Using a comparative institutional approach, Mauro Guillen examines how governments and industrial organizations respond to globalization in three countries. He finds that businesses adopted different organizational forms and pursued diverse economic strategies after states democratized in the 1970s and 1980s. The author concludes that, contrary to what many theorists predict, globalization did not lead to organizational convergence but instead to organizational and strategic diversity. There were not one but many paths to development under globalization.

The strength of this book is its comparative and historical approach to the study of organizational and institutional change. Guillen begins with a concise and informative theoretical discussion of globalization, development, and the comparative institutional approach. He then argues persuasively that these three countries can usefully be compared. They are of a similar size and for many years shared a "national-populist" approach to economic development. And because they have few trade or investment links, their individual and distinctive features can be put into relief. He then provides a careful summary of postwar economic developments in each country. This comparative history allows him to highlight their similarities and differences and develop a useful typology of their approaches to economic development over time. This sets the stage for his discussion in subsequent chapters of the changes associated with democratization and globalization during the last 20 years.

To analyze the kind of organizational and strategic changes in both states and firms, he looks first at the changing structure of large business groups — chaebols in South Korea, grupos in Argentina, and large cooperatives in Spain. Then he looks at how small and medium enterprises responded to the changing state policies associated with globalization. This is some of the most interesting material because he uses the manufacture of rolling stock for railways, the production of wine and alcoholic beverages, and the publication of celebrity-gossip magazines to illustrate how small businesses responded to challenges presented by globalization. He finds, for example, that some small and medium businesses, family firms, and even worker cooperatives fared unexpectedly well, [End Page 854] even in competition with large multinational firms, in a globalizing environment. He also looks at how the attitudes of trade unions and labor movements changed in response to problems and opportunities presented by democratization, privatization, and globalization. Finally, he offers a detailed account of more obvious or conventional industries — automobiles and banking — to assess the direction of change in each country. The results of his clear and informative investigation are fruitful and rewarding. He is able to explain why some firms and strategies succeeded and others failed in different settings. Time and again he is able to demonstrate that businesses can flout conventional economic thinking about the most "efficient" organizational forms and "effective" business strategies and still prosper in a globalizing environment.
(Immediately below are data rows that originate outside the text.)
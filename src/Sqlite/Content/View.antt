-- ===== src/Sqlite/Content/View.antt =====
-- The abstract view of file data: the byte at each position of a file, zero where no block holds
-- it. Blocks are numbered from 1 and hold 4096 bytes (BLOCK_SIZE in src/db_module/sqlite.rs).
use sqlitefs_temporal.Base.{ℕ, ◌+◌, ◌/◌, ◌%◌, Option, none, some}
use sqlitefs_temporal.Base.Bytes.{Bytes, byte}
use sqlitefs_temporal.Schema.{Connection}
use sqlitefs_temporal.Sqlite.Content.{block_size, stored_block}

unfoldable pub opt_byte : Option Bytes → ℕ → ℕ
opt_byte none i = 0
opt_byte (some b) i = byte b i

unfoldable pub file_byte : Connection → ℕ → ℕ → ℕ
file_byte c inode p = opt_byte (stored_block c inode (p / block_size + 1)) (p % block_size)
This fine study provides a detailed historical analysis of all three cases. He develops forceful abstractions and useful typologies that make sense of complex state policies and business strategies. One of his main conclusions — that globalization can result in economic diversity and heterogeneity — is, I think, persuasive. But he could have said more about the role of global institutions in his account. After all, globalization was directed or influenced by different global institutions in each setting. The European Community played an important role in globalization process in Spain, the World Bank and International Monetary Fund played a crucial role in the management of debt crisis in Argentina, and the U.S. and, later, the IMF played important economic roles in economic developments in South Korea. About these global institutions, Guillen says very little. Because different global institutions played important roles in each case, one might expect that globalization would have rather different outcomes or consequences in each setting. If that's true, Guillen's conclusions are not quite as remarkable as he suggests.